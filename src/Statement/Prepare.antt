-- ===== src/Statement/Prepare.antt =====
-- `statement_prepare` and `statement_prepare_insert` of src/statement.c.
pub mod Words
pub mod Safe
use Prim.Native.String.{String}
use Prim.Native.Char.{code}
use gnaro.Base.{
  ℕ, ◌∷◌, Bool, true, false, Option, none, some, List, [], ltb, if◌then◌else◌, length, take,
}
use gnaro.Row.{Row, row_column_username_size, row_column_email_size}
use gnaro.Statement.Text.{ℤ, pos, negsuc, starts_with, equals, strtok, strcpy, atoi}

-- The bytes of an ASCII text.
abbrev pub bytes : String → List ℕ
bytes String.[] = []
bytes (String.◌∷◌ c s) = code c ∷ bytes s

-- How many bytes of the query are compared with the word "insert".
abbrev pub statement_insert_command_size : ℕ
statement_insert_command_size = 6

pub data StatementPrepareResult : Type 0 where
  success string_too_long negative_id syntax_error unrecognized : StatementPrepareResult

pub data StatementType : Type 0 where
  insert select : StatementType

pub record Statement : Type 0 where
  pub type : StatementType
  pub row_to_insert : Row

-- The statement with the three columns stored.
unfoldable pub fill : Statement → (id : ℕ) → (username email : List ℕ) → Statement
fill statement id username email = record statement {
  row_to_insert = record {
    id = id;
    username = strcpy statement.row_to_insert.username username;
    email = strcpy statement.row_to_insert.email email;
  };
}

-- The checks on the columns of an insert, and the stores behind them.
unfoldable pub check_columns :
    (id : ℤ) (username email : List ℕ) → Statement → StatementPrepareResult × Statement
unfolding fill
check_columns (negsuc n) username email statement = (negative_id, statement)
check_columns (pos id) username email statement =
    if ltb row_column_username_size (length username)
    then (string_too_long, statement)
    else if ltb row_column_email_size (length email)
    then (string_too_long, statement)
    else (success, fill statement id username email)

-- A missing value ends the chain.
infixl 5 ◌>>=◌
abbrev pub ◌>>=◌ : {A B : Type 0} → Option A → (A → Option B) → Option B
none >>= k = none
some a >>= k = k a

-- The columns of a query: the three tokens behind its first one, the keyword.
unfoldable pub query_columns : List ℕ → Option (List ℕ × List ℕ × List ℕ)
query_columns query = do
  (keyword, s) ← strtok query
  (id_string, s) ← strtok s
  (username, s) ← strtok s
  (email, s) ← strtok s
  some (id_string, username, email)

-- The id is read and the columns are checked; a query without three columns is a syntax error.
-- `none`: the behaviour is undefined, since the id is outside the range of `atoi`.
unfoldable pub prepare_columns :
    Option (List ℕ × List ℕ × List ℕ) → Statement → Option (StatementPrepareResult × Statement)
unfolding check_columns
prepare_columns none statement = some (syntax_error, statement)
prepare_columns (some (id_string, username, email)) statement = do
  id ← atoi id_string
  some (check_columns id username email statement)

unfoldable pub statement_prepare_insert :
    (query : List ℕ) → Statement → Option (StatementPrepareResult × Statement)
unfolding query_columns prepare_columns
statement_prepare_insert query statement =
    prepare_columns (query_columns query) (record statement { type = insert })

unfoldable pub statement_prepare :
    (query : List ℕ) → Statement → Option (StatementPrepareResult × Statement)
unfolding statement_prepare_insert
statement_prepare query statement =
    if starts_with (take statement_insert_command_size (bytes "insert")) query
    then statement_prepare_insert query statement
    else if equals query (bytes "select")
    then some (success, record statement { type = select })
    else some (unrecognized, statement)
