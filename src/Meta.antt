-- ===== src/Meta.antt =====
-- src/meta.c: the commands that start with a dot.
use gnaro.Base.{ℕ, List, [], if◌then◌else◌}
use gnaro.Memory.{Cmd, pure, ◌>>=◌}
use gnaro.Pager.{Env}
use gnaro.Btree.Print.{Line, btree_print}
use gnaro.Statement.Text.{equals}
use gnaro.Statement.Prepare.{bytes}

pub data MetaCommandResult : Type 0 where
  success exit unrecognized : MetaCommandResult

-- The lines printed and the result.
unfoldable pub meta_execute_command :
    Env → ℕ → (command : List ℕ) → Cmd (List Line × MetaCommandResult)
meta_execute_command env fuel command =
    if equals command (bytes ".exit")
    then pure ([], exit)
    else if equals command (bytes ".btree")
    then (do lines ← btree_print env fuel 0 0; pure (lines, success))
    else pure ([], unrecognized)
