-- ===== src/Interface/InputInterface.antt =====
-- include/input.h and include/meta.h, which src/input.c and src/meta.c implement.
use gnaro.Base.{ℕ, List, Option}
use gnaro.Memory.{Cmd}
use gnaro.Pager.{Env}
use gnaro.Btree.Print.{Line}
use gnaro.Input.{InputBuffer, input_new_buffer, input_prompt, read_into}
use gnaro.Meta.{MetaCommandResult, meta_execute_command}

-- `none` is the answer -1 of a failed read; a read takes from the standard input and leaves the rest
-- of it. Closing gives the buffer's memory back.
pub record InputInterface : Type 0 where
  pub new_buffer : InputBuffer
  pub prompt : (text : List ℕ) → List ℕ
  pub read : List ℕ → InputBuffer → Option (InputBuffer × List ℕ)
  pub close_buffer : InputBuffer → Unit {0}

-- src/input.c.
abbrev pub input_functions : InputInterface
input_functions = record {
  new_buffer = input_new_buffer;
  prompt = input_prompt;
  read = read_into;
  close_buffer = λ input_buffer. tt;
}

-- The lines that a meta command prints, and its result.
pub record MetaInterface : Type 0 where
  pub execute_command : (command : List ℕ) → Cmd (List Line × MetaCommandResult)

-- src/meta.c.
abbrev pub meta_functions : Env → (fuel : ℕ) → MetaInterface
meta_functions env fuel = record { execute_command = meta_execute_command env fuel }
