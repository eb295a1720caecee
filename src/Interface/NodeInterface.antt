-- ===== src/Interface/NodeInterface.antt =====
-- The accessors of nodes that include/btree.h declares, and what they promise.
use gnaro.Base.{
  ℕ, List, ◌≡◌, refl, ◌∙◌, arith, Bool, true, false, not, ◌==◌, ap, some, inl, inr, ◌⊎◌,
}
use gnaro.Memory.{Pager, Cmd, ok, ◌>>◌, put}
use gnaro.Memory.Bytes.{Page, blit}
use gnaro.Memory.Laws.{load8-put, store8-put, put_self}
use gnaro.Pager.{Env}
use gnaro.Btree.Root.{node_new_root, node_get_max_key}
use gnaro.Btree.Print.{Line, btree_print}
use gnaro.Interface.DatabaseInterface.{Database}
use gnaro.Btree.Layout.{NodeType, leaf, internal}
use gnaro.Btree.Node.{
  node_get_type, node_set_type, node_is_root, node_set_root, node_parent, type_of_byte,
  byte_of_type, byte_of_bool,
}
use gnaro.Btree.Leaf.{Cursor, leaf_init, leaf_key, leaf_cell, leaf_num_cells, leaf_value, leaf_next}
use gnaro.Btree.Leaf.Init.{with_byte, with_byte_at, with_byte_out}
use gnaro.Btree.Internal.{
  internal_init, internal_find, internal_key, internal_cell, internal_num_keys, internal_child,
  internal_right_child,
}

-- The fields that all nodes have, the largest key under a node, a new root, and printing.
pub record NodeInterface : Type 0 where
  pub get_type : (node : ℕ) → Cmd NodeType
  pub set_type : (node : ℕ) → NodeType → Cmd (Unit {0})
  pub new_root : Database → (right_child_page_num : ℕ) → Cmd (Unit {0})
  pub get_max_key : (node : ℕ) → Cmd ℕ
  pub is_root : (node : ℕ) → Cmd Bool
  pub set_root : (node : ℕ) → Bool → Cmd (Unit {0})
  pub parent : ℕ
  pub print : (page_num indent_level : ℕ) → Cmd (List Line)

abbrev pub node_functions : Env → (fuel : ℕ) → NodeInterface
node_functions env fuel = record {
  get_type = node_get_type;
  set_type = node_set_type;
  new_root = λ d. node_new_root env fuel d.root_page_num;
  get_max_key = node_get_max_key env fuel;
  is_root = node_is_root;
  set_root = node_set_root;
  parent = node_parent;
  print = btree_print env fuel;
}

-- Pointers into a leaf, as offsets in its page.
pub record LeafInterface : Type 0 where
  pub init : (node : ℕ) → Cmd (Unit {0})
  pub key : (cell_num : ℕ) → ℕ
  pub cell : (cell_num : ℕ) → ℕ
  pub num_cells : ℕ
  pub value : (cell_num : ℕ) → ℕ
  pub next : ℕ

abbrev pub leaf_node : LeafInterface
leaf_node = record {
  init = leaf_init;
  key = leaf_key;
  cell = leaf_cell;
  num_cells = leaf_num_cells;
  value = leaf_value;
  next = leaf_next;
}

-- Starting an internal node, pointers into one, and the descent from one to a leaf. The pointer to a
-- child is checked, so it is found by a command.
pub record InternalInterface : Type 0 where
  pub init : (node : ℕ) → Cmd (Unit {0})
  pub key : (key_num : ℕ) → ℕ
  pub cell : (cell_num : ℕ) → ℕ
  pub num_keys : ℕ
  pub child : (node child_num : ℕ) → Cmd ℕ
  pub right_child : ℕ
  pub find : Database → (key page_num : ℕ) → Cmd Cursor

abbrev pub internal_node : Env → (fuel : ℕ) → InternalInterface
internal_node env fuel = record {
  init = internal_init;
  key = internal_key;
  cell = internal_cell;
  num_keys = internal_num_keys;
  child = internal_child;
  right_child = internal_right_child;
  find = λ d. internal_find env fuel;
}

-- What has been set in a node's header is what is got, whichever of the two is set first.
pub record IsLawful (H : NodeInterface) : Type 0 where
  pub get_type-set_root :
      (node : ℕ) (type : NodeType) (is_root : Bool) (p : Page) (s : Pager)
      → s.pages node ≡ some p
      → (type ≡ leaf) ⊎ (type ≡ internal)
      → (q : Page) × ((H.set_type node type >> H.set_root node is_root >> H.get_type node) s
          ≡ ok type (put node q s))
  pub is_root-set_type :
      (node : ℕ) (type : NodeType) (is_root : Bool) (p : Page) (s : Pager)
      → s.pages node ≡ some p
      → (q : Page) × ((H.set_root node is_root >> H.set_type node type >> H.is_root node) s
          ≡ ok is_root (put node q s))

type_read :
    (type : NodeType) → (type ≡ leaf) ⊎ (type ≡ internal) → type_of_byte (byte_of_type type) ≡ type
unfolding type_of_byte byte_of_type
type_read type (inl e) = rw e refl
type_read type (inr e) = rw e refl

bool_read : (b : Bool) → not (byte_of_bool b == 0) ≡ b
unfolding byte_of_bool
bool_read true = refl
bool_read false = refl

module _ (node : ℕ) (type : NodeType) (is_root : Bool) (p : Page) (s : Pager) where
  t : ℕ
  t = byte_of_type type

  r : ℕ
  r = byte_of_bool is_root

  type_last :
      (known : (type ≡ leaf) ⊎ (type ≡ internal))
      → (node_set_type node type >> node_set_root node is_root >> node_get_type node) (put node p s)
        ≡ ok type (put node (with_byte (with_byte p 0 t) 1 r) s)
  unfolding node_set_type node_set_root node_get_type with_byte t r
  type_last known =
      rw
        (
          store8-put node p s 0 (byte_of_type type) (omega arith),
          store8-put node (blit p 0 (λ _. byte_of_type type) 0 1) s 1 (byte_of_bool is_root)
              (omega arith),
          load8-put node
              (blit (blit p 0 (λ _. byte_of_type type) 0 1) 1 (λ _. byte_of_bool is_root) 0 1) s 0
              (omega arith),
        )
        (ap (λ got. ok got (put node (with_byte (with_byte p 0 t) 1 r) s))
          (ap type_of_byte
              (with_byte_out (with_byte p 0 t) 1 r 0 (inl (omega arith)) ∙ with_byte_at p 0 t)
            ∙ type_read type known))

  root_last :
      (node_set_root node is_root >> node_set_type node type >> node_is_root node) (put node p s)
      ≡ ok is_root (put node (with_byte (with_byte p 1 r) 0 t) s)
  unfolding node_set_type node_set_root node_is_root with_byte t r
  root_last =
      rw
        (
          store8-put node p s 1 (byte_of_bool is_root) (omega arith),
          store8-put node (blit p 1 (λ _. byte_of_bool is_root) 0 1) s 0 (byte_of_type type)
              (omega arith),
          load8-put node
              (blit (blit p 1 (λ _. byte_of_bool is_root) 0 1) 0 (λ _. byte_of_type type) 0 1) s 1
              (omega arith),
        )
        (ap (λ got. ok got (put node (with_byte (with_byte p 1 r) 0 t) s))
          (ap (λ (v : ℕ). not (v == 0))
              (with_byte_out (with_byte p 1 r) 0 t 1 (inr (omega arith)) ∙ with_byte_at p 1 r)
            ∙ bool_read is_root))

-- The header's accessors of src/btree.c on an allocated page: the type and the root mark are one byte
-- each, so that what was set last does not disturb what was set before, and each is read as written.
pub node_functions-IsLawful : (env : Env) (fuel : ℕ) → IsLawful (node_functions env fuel)
node_functions-IsLawful env fuel = record {
  get_type-set_root = λ node type is_root p s here known.
      (_, rw (put_self node p s here) at (type_last node type is_root p s known));
  is_root-set_type = λ node type is_root p s here.
      (_, rw (put_self node p s here) at (root_last node type is_root p s));
}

### Prompt
In the material above, find every line that has the string "unfolding" and pull those lines out.

### Answer space
unfolding fill
unfolding check_columns
unfolding query_columns prepare_columns
unfolding statement_prepare_insert
unfolding type_of_byte byte_of_type
unfolding byte_of_bool
  unfolding node_set_type node_set_root node_get_type with_byte t r
  unfolding node_set_type node_set_root node_is_root with_byte t r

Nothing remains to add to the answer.